EXERCISE INSTRUCTIONS:
Could you set down exactly the lines of the data below, starting at the one that holds "minus-one : (n" and ending at the one that holds "let full : ltb_ℤ", both included, and only those?
*** ENTRIES PROVIDED Section Begins ***
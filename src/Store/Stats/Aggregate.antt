-- ===== src/Store/Stats/Aggregate.antt =====
-- One group of the aggregate, when an item joins or leaves it.
use homesink.Base.{
  ℕ, suc, ◌+◌, ◌≡◌, refl, ap, subst, ◌∙◌, inl, inr, Bool, true, false, List, [], ◌∷◌, ◌++◌, map,
  keep, length, length-append, Option, none, some, Str, str_eq, str_eq_sound, str_eq_refl, arith,
  select, delete, Bool-cases,
}
use homesink.Base.Int.{ℤ, pos, plus_ℕ, minus_ℕ, max_ℤ, eqb_ℤ_iff, ltb_ℤ}
use homesink.Base.Table.{delete-none}
use homesink.Store.{BlobRow, ItemRow, StatRow}
use homesink.Store.Stats.{
  Key, key_eq, key_of, stat_key, is_key, in_key, size_of, add_size, total, latest_from, latest,
  group_row, increment, decrement, is_empty,
}

pub key_eq_sound : (a b : Key) → key_eq a b ≡ true → a ≡ b
unfolding key_eq
key_eq_sound a b h = ground (arith, str_eq_sound a.album b.album, eqb_ℤ_iff a.year b.year)

pub key_eq_refl : (k : Key) → key_eq k k ≡ true
unfolding key_eq
key_eq_refl k = ground (arith, str_eq_refl k.album)

-- A row of one key is of no other.
pub key_eq_apart : (a k k' : Key) → key_eq k k' ≡ false → key_eq a k ≡ true → key_eq a k' ≡ false
key_eq_apart a k k' apart same = rw (key_eq_sound a k same) apart

add_size-plus : (o : Option ℕ) (a b size : ℕ) → a ≡ b + size → add_size o a ≡ add_size o b + size
add_size-plus none a b size e = e
add_size-plus (some n) a b size e = omega arith

total-snoc :
    (blobs : List BlobRow) (items : List ItemRow) (r : ItemRow) (size : ℕ)
    → size_of blobs r.hash ≡ some size
    → total blobs (items ++ r ∷ []) ≡ total blobs items + size
unfolding total
total-snoc blobs [] r size e = ap (λ o. add_size o 0) e ∙ omega arith
total-snoc blobs (it ∷ items) r size e =
    add_size-plus (size_of blobs it.hash) _ _ size (total-snoc blobs items r size e)

latest-snoc :
    (m : ℤ) (items : List ItemRow) (r : ItemRow)
    → latest_from m (items ++ r ∷ []) ≡ max_ℤ (latest_from m items) r.captured_at_ms
unfolding latest_from
latest-snoc m [] r = refl
latest-snoc m (it ∷ items) r = latest-snoc (max_ℤ m it.captured_at_ms) items r

-- The increment of a group's row is the row of the group with one more item.
pub increment-group :
    (k : Key) (blobs : List BlobRow) (it : ItemRow) (items : List ItemRow) (r : ItemRow) (size : ℕ)
    → size_of blobs r.hash ≡ some size
    → map (increment size r.captured_at_ms) (group_row k blobs (it ∷ items))
      ≡ group_row k blobs ((it ∷ items) ++ r ∷ [])
unfolding increment group_row plus_ℕ latest
increment-group k blobs it items r size e =
    let count : length ((it ∷ items) ++ r ∷ []) ≡ length (it ∷ items) + 1 =
      length-append (it ∷ items) (r ∷ []) in
    rw (total-snoc blobs (it ∷ items) r size e, latest-snoc it.captured_at_ms items r, count) refl

-- No two items have the same id.
abbrev pub UniqueIds : List ItemRow → Type 0
UniqueIds [] = Unit {0}
UniqueIds (it ∷ items) =
    (select (λ (r : ItemRow). str_eq r.item_id it.item_id) items ≡ none) × UniqueIds items

-- A group before the item with the id `id`, of the size `size`, leaves it.
abbrev pub Left : List BlobRow → Key → Str → ℕ → List ItemRow → Type 0
Left blobs k id size items =
    let left = keep (in_key k) (delete (λ (r : ItemRow). str_eq r.item_id id) items) in
    (length (keep (in_key k) items) ≡ suc (length left))
    × (total blobs (keep (in_key k) items) ≡ total blobs left + size)

add_size-left : (o : Option ℕ) (a b size : ℕ) → o ≡ some size → a ≡ b → add_size o a ≡ b + size
add_size-left none a b size e h = cc
add_size-left (some n) a b size e h = ground arith

some_row : {r r' : ItemRow} → some r ≡ some r' → r ≡ r'
some_row e = cc

abbrev pub has_id : Str → ItemRow → Bool
has_id id r = str_eq r.item_id id

delete_only :
    (it : ItemRow) (items : List ItemRow) (id : Str)
    → str_eq it.item_id id ≡ true
    → UniqueIds (it ∷ items)
    → delete (has_id id) (it ∷ items) ≡ items
unfolding delete
delete_only it items id same u =
    let only : select (has_id id) items ≡ none =
      subst (λ (i : Str). select (has_id i) items ≡ none) (str_eq_sound it.item_id id same) u.0 in
    rw same (delete-none (has_id id) items only)

Left-here :
    (blobs : List BlobRow) (it : ItemRow) (items : List ItemRow) (id : Str) (size : ℕ)
    → str_eq it.item_id id ≡ true
    → UniqueIds (it ∷ items)
    → size_of blobs it.hash ≡ some size
    → Left blobs (key_of it) id size (it ∷ items)
unfolding total
Left-here blobs it items id size same u e =
    rw (delete_only it items id same u, key_eq_refl (key_of it))
      (refl, add_size-left (size_of blobs it.hash) _ _ size e refl)

pub group-Left :
    (blobs : List BlobRow) (items : List ItemRow) (id : Str) (size : ℕ) (r : ItemRow)
    → UniqueIds items
    → select (has_id id) items ≡ some r
    → size_of blobs r.hash ≡ some size
    → Left blobs (key_of r) id size items
unfolding select delete total
group-Left blobs [] id size r u f e = cc
group-Left blobs (it ∷ items) id size r u f e = elim (Bool-cases (has_id id it)) [
  | inl same ↦
      let is : it ≡ r = some_row (rw same at f) in
      subst (λ (x : ItemRow). Left blobs (key_of x) id size (it ∷ items)) is
        (Left-here blobs it items id size same u
          (ap (λ (x : ItemRow). size_of blobs x.hash) is ∙ e))
  | inr other ↦
      let (count, sum) = group-Left blobs items id size r u.1 (rw other at f) e in
      rw other (elim (Bool-cases (in_key (key_of r) it)) [
        | inl mine ↦ rw mine (ap suc count, add_size-plus (size_of blobs it.hash) _ _ size sum)
        | inr not_mine ↦ rw not_mine (count, sum)
      ])
]

-- The groups of the other keys keep their items.
pub group-kept :
    (items : List ItemRow) (id : Str) (r : ItemRow) (k : Key)
    → UniqueIds items
    → select (has_id id) items ≡ some r
    → key_eq (key_of r) k ≡ false
    → keep (in_key k) (delete (has_id id) items) ≡ keep (in_key k) items
unfolding select delete
group-kept [] id r k u f apart = cc
group-kept (it ∷ items) id r k u f apart = elim (Bool-cases (has_id id it)) [
  | inl same ↦
      let is : it ≡ r = some_row (rw same at f) in
      let out : in_key k it ≡ false = rw is apart in rw (delete_only it items id same u, out) refl
  | inr other ↦
      let rest = group-kept items id r k u.1 (rw other at f) apart in
      rw other (elim (Bool-cases (in_key k it)) [
        | inl mine ↦ rw mine (ap (◌∷◌ it) rest)
        | inr not_mine ↦ rw not_mine rest
      ])
]

pub keeps_key :
    (k : Key) (f : StatRow → StatRow)
    → ((x : StatRow) → stat_key (f x) ≡ stat_key x)
    → (x : StatRow) → is_key k x ≡ true
    → is_key k (f x) ≡ true
keeps_key k f same x h = ap (λ (a : Key). key_eq a k) (same x) ∙ h

minus-one : (n : ℕ) → minus_ℕ (pos (suc n)) 1 ≡ pos n
unfolding minus_ℕ
minus-one n = ground arith

minus-sum : (a b : ℕ) → minus_ℕ (pos (a + b)) b ≡ pos a
unfolding minus_ℕ
minus-sum a b = ground arith

pub decrement-group :
    (k : Key) (blobs : List BlobRow) (members left : List ItemRow) (size : ℕ)
    → length members ≡ suc (length left)
    → total blobs members ≡ total blobs left + size
    → delete (is_empty k) (map (decrement size (latest left)) (group_row k blobs members))
      ≡ group_row k blobs left
unfolding delete decrement group_row
decrement-group k blobs [] left size n t = absurd (omega arith)
decrement-group k blobs (m ∷ ms) [] size n t =
    let none_left : minus_ℕ (pos (length (m ∷ ms))) 1 ≡ pos 0 =
      ap (λ i. minus_ℕ (pos i) 1) n ∙ minus-one 0 in
    rw (none_left, key_eq_refl k) refl
decrement-group k blobs (m ∷ ms) (l ∷ ls) size n t =
    let some_left : minus_ℕ (pos (length (m ∷ ms))) 1 ≡ pos (length (l ∷ ls)) =
      ap (λ i. minus_ℕ (pos i) 1) n ∙ minus-one (length (l ∷ ls)) in
    let sum : minus_ℕ (pos (total blobs (m ∷ ms))) size ≡ pos (total blobs (l ∷ ls)) =
      ap (λ i. minus_ℕ (pos i) size) t ∙ minus-sum (total blobs (l ∷ ls)) size in
    let full : ltb_ℤ (pos (length (l ∷ ls))) (pos 1) ≡ false = ground arith in
    rw (some_left, sum, key_eq_refl k, full) refl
*** ENTRIES PROVIDED Section Ends ***
YOUR RESPONSE:
minus-one : (n : ℕ) → minus_ℕ (pos (suc n)) 1 ≡ pos n
unfolding minus_ℕ
minus-one n = ground arith

minus-sum : (a b : ℕ) → minus_ℕ (pos (a + b)) b ≡ pos a
unfolding minus_ℕ
minus-sum a b = ground arith

pub decrement-group :
    (k : Key) (blobs : List BlobRow) (members left : List ItemRow) (size : ℕ)
    → length members ≡ suc (length left)
    → total blobs members ≡ total blobs left + size
    → delete (is_empty k) (map (decrement size (latest left)) (group_row k blobs members))
      ≡ group_row k blobs left
unfolding delete decrement group_row
decrement-group k blobs [] left size n t = absurd (omega arith)
decrement-group k blobs (m ∷ ms) [] size n t =
    let none_left : minus_ℕ (pos (length (m ∷ ms))) 1 ≡ pos 0 =
      ap (λ i. minus_ℕ (pos i) 1) n ∙ minus-one 0 in
    rw (none_left, key_eq_refl k) refl
decrement-group k blobs (m ∷ ms) (l ∷ ls) size n t =
    let some_left : minus_ℕ (pos (length (m ∷ ms))) 1 ≡ pos (length (l ∷ ls)) =
      ap (λ i. minus_ℕ (pos i) 1) n ∙ minus-one (length (l ∷ ls)) in
    let sum : minus_ℕ (pos (total blobs (m ∷ ms))) size ≡ pos (total blobs (l ∷ ls)) =
      ap (λ i. minus_ℕ (pos i) size) t ∙ minus-sum (total blobs (l ∷ ls)) size in
    let full : ltb_ℤ (pos (length (l ∷ ls))) (pos 1) ≡ false = ground arith in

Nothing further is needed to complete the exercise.